Plain English Summary

Can people really sense who's calling before they pick up? Rupert Sheldrake and Tom Stedall built an automated phone system to find out. In three experiments where everyone stayed on a conference call together, guesses about who was "thinking" of the receiver barely beat coin-flip odds -- nothing exciting. But when they redesigned the test so callers and receivers went about their normal lives and got surprise calls at random times -- mimicking how phone telepathy supposedly works in real life -- hit rates jumped to 57%, a statistically significant result across 266 trials. Crucially, the success was spread across many participants, not driven by a few lucky (or sneaky) people, which helps rule out cheating or cherry-picking. The takeaway: the more a telepathy test resembles everyday life, the more likely it picks something up.

Actual Paper Abstract

Objective. To develop user-friendly automated telephone telepathy tests. Method. In one kind of test, three participants who knew each other were linked together continuously in a conference call format. In each trial, the receiver was selected at random. The other two participants were muted and one was selected at random as the caller and asked to think about the receiver before being connected to that person. The receiver was asked to identify who was on the line, and then the caller and receiver were linked up and could talk. In the second type of test, trials were spaced out over longer time periods and callers and receivers went about their normal lives in between trials. Results. In none of the "conference call" tests was the hit rate significantly different from the chance level of 50%. In the second type of test, with a total of 266 trials, the hit rate was 57% (p = .01). Conclusion. The failure of our "conference call" tests to show any significant telepathic effects could have been because all three participants were continuously engaged with the test, which may have confounded any telepathic influences. Tests in which non-callers were not engaged with the experiment gave better results. We suggest developing an intuition training application that would work along with people's regular calls and messages. Such an app could be more user-friendly and enable participants to practice their intuitive skills, as well as enabling talented participants to be identified for more rigorous testing.

Research Notes

Extends Sheldrake's telephone telepathy program with new automated methods. The null Exps 1–3 versus significant Exp 4 provide a within-program comparison suggesting ecological validity (separated trials) matters for detecting telephone telepathy effects. Pre-registered on OSF (2015). Feeds into Sheldrake (2025) meta-analysis.

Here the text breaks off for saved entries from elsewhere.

-- ===== src/Consumer/Order.antt =====
-- Which messages the consumer of internal/kafka/consumer/abstract_consumer.ts commits, and in which
-- order, as long as it does not give up.
use chain_indexer_framework.Prelude.{
  ℕ, zero, suc, ◌≡◌, refl, sym, ap, subst, ◌∙◌, Bool, true, false, String, List, [], ◌∷◌, ◌++◌,
  append_assoc, arith,
}
use chain_indexer_framework.Errors.Value.{JsValue}
use chain_indexer_framework.Queue.{shift}
use chain_indexer_framework.Queue.Refines.{Holds, shift-Holds, new_queue-Holds}
use chain_indexer_framework.Store.{Outcome, done, failed}
use chain_indexer_framework.Consumer.State.{Message, Element, commits, Consumer, ConsumerConfig}
use chain_indexer_framework.Consumer.Steps.{
  logged, new_consumer, settle, safe_commit_message, finish_element, fail_element, gives_up,
  on_settled,
}
use chain_indexer_framework.Consumer.Receiving.{accept_message}
use chain_indexer_framework.Consumer.Frame.{committed, handle_backpressure-Frame}
use chain_indexer_framework.Consumer.Serving.{
  messages, Busy, Serves, queue_loop-Loops, Loops-Serves, accept_message-Serves,
}

module _ (trace : String) (commit : ℕ → Outcome (Unit {0})) where
  commits_at_once :
      (message : Message) (n : ℕ) (c : Consumer)
      → ((i : ℕ) → commit i ≡ done tt)
      → safe_commit_message trace commit message n c ≡ logged (commits message) c
  unfolding safe_commit_message
  commits_at_once message zero c all = ground (arith, all 0)
  commits_at_once message (suc n) c all = ground (arith, all (suc n))

  finish_element-Serves :
      (x : Element) (xs : List Element) (ms : List Message) (c : Consumer)
      → ((i : ℕ) → commit i ≡ done tt)
      → Holds c.queue (x ∷ xs)
      → committed c.log ++ messages (x ∷ xs) ≡ ms
      → c.has_observer ≡ true
      → c.queue_is_processing ≡ true
      → Serves ms (finish_element trace commit x c)
  unfolding finish_element
  finish_element-Serves x xs ms c all h o w on =
      let left : Consumer = record (logged (commits x.message) c) { queue = (shift c.queue).1 } in
      let (f, q, p, _) = handle_backpressure-Frame x.message left in
      let held = subst (λ y. Holds y xs) (sym q) (shift-Holds (x ∷ xs) h).1 in
      let ordered =
        ap (λ log. log ++ messages xs) f.commits_kept
        ∙ append_assoc (committed c.log) (x.message ∷ []) (messages xs)
        ∙ o in
      rw (commits_at_once x.message c.max_retries c all) (
        Loops-Serves ms xs _ _ (queue_loop-Loops xs _ held (f.processing ∙ on)) held ordered
          (p ∙ w))

  fail_element-Serves :
      (e : JsValue) (x : Element) (xs : List Element) (ms : List Message) (c : Consumer)
      → gives_up c e ≡ false
      → Holds c.queue (x ∷ xs)
      → committed c.log ++ messages (x ∷ xs) ≡ ms
      → c.has_observer ≡ true
      → c.queue_is_processing ≡ true
      → Serves ms (fail_element trace e c)
  unfolding fail_element
  fail_element-Serves e x xs ms c mild h o w on =
      rw mild (Loops-Serves ms (x ∷ xs) _ _ (queue_loop-Loops (x ∷ xs) _ h on) h o w)

  -- A settled promise, if the consumer does not give up.
  abbrev pub Continues : Consumer → Outcome (Unit {0}) → Type 0
  Continues c (done u) = Unit {0}
  Continues c (failed e) = gives_up c e ≡ false

  settled-Serves :
      (o : Outcome (Unit {0})) (xs : List Element) (ms : List Message) (c : Consumer)
      → ((i : ℕ) → commit i ≡ done tt)
      → Continues c o
      → Holds c.queue xs
      → committed c.log ++ messages xs ≡ ms
      → c.has_observer ≡ true
      → Busy xs c
      → Serves ms (on_settled trace commit o c)
  unfolding on_settled
  settled-Serves o [] ms c all mild h k w b =
      subst (λ a. Serves ms (settle trace commit a o c)) (sym b.1)
        (record { waiting = []; holds = h; order = k; observed = w; busy = b })
  settled-Serves (done u) (x ∷ xs) ms c all mild h k w b =
      subst (λ a. Serves ms (settle trace commit a (done u) c)) (sym b.1)
        (finish_element-Serves x xs ms c all h k w b.0)
  settled-Serves (failed e) (x ∷ xs) ms c all mild h k w b =
      subst (λ a. Serves ms (settle trace commit a (failed e) c)) (sym b.1)
        (fail_element-Serves e x xs ms c mild h k w b.0)

  -- A consumer with an observer, the messages that it has accepted since it was made, and what its
  -- awaited promises came to, up to where it would give up.
  pub data Served (asynchronous : Bool) : List Message → Consumer → Type 0 where
    started :
        (topics coders : List String) (config : ConsumerConfig)
        → Served asynchronous []
            (record (new_consumer topics coders config) { has_observer = true })
    accepted :
        {ms : List Message} {c : Consumer}
        → Served asynchronous ms c
        → (message : Message)
        → Served asynchronous (ms ++ message ∷ []) (accept_message asynchronous message c)
    settled :
        {ms : List Message} {c : Consumer}
        → Served asynchronous ms c
        → (o : Outcome (Unit {0})) → Continues c o
        → Served asynchronous ms (on_settled trace commit o c)

  -- Both consumers, from new on, while messages arrive and promises settle, until they give up on a
  -- message, and if each commit succeeds, no error comes from the client and it is not disconnected: the
  -- committed
  -- messages followed by the waiting ones are the accepted messages, in their order, so that nothing
  -- is committed before what was accepted earlier, twice, or not at all; and `processQueue` waits for
  -- the first of the waiting messages, and runs exactly while one waits.
  pub Served-Serves :
      {asynchronous : Bool} {ms : List Message} {c : Consumer}
      → ((i : ℕ) → commit i ≡ done tt)
      → Served asynchronous ms c
      → Serves ms c
  unfolding new_consumer
  Served-Serves all (started topics coders config) = record {
    waiting = [];
    holds = new_queue-Holds;
    order = refl;
    observed = refl;
    busy = (refl, refl);
  }
  Served-Serves {asynchronous} all (accepted {ms} {c} s message) =
      accept_message-Serves asynchronous message ms c (Served-Serves all s)
  Served-Serves all (settled {ms} {c} s o mild) =
      let i = Served-Serves all s in
      settled-Serves o i.waiting ms c all mild i.holds i.order i.observed i.busy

Four automated telephone telepathy experiments compared conference-call and separated-trial formats using the Twilio platform. In Experiments 1–3, three participants remained connected in a conference call; a randomly chosen caller thought about the receiver, who guessed the caller's identity (2-choice, 50% chance). None showed significant effects: Exp 1: 51% (1,047 trials), Exp 2: 51% (231 trials), Exp 3: 52% (447 trials). Experiment 4 separated callers and receivers between trials, allowing normal activity between randomly timed calls. In 266 trials, the hit rate was 57% (p = .01, one-tailed binomial). The positive effect was distributed across participants (36 positive vs 17 negative tests, p = .006), ruling out optional stopping and minority-cheater explanations.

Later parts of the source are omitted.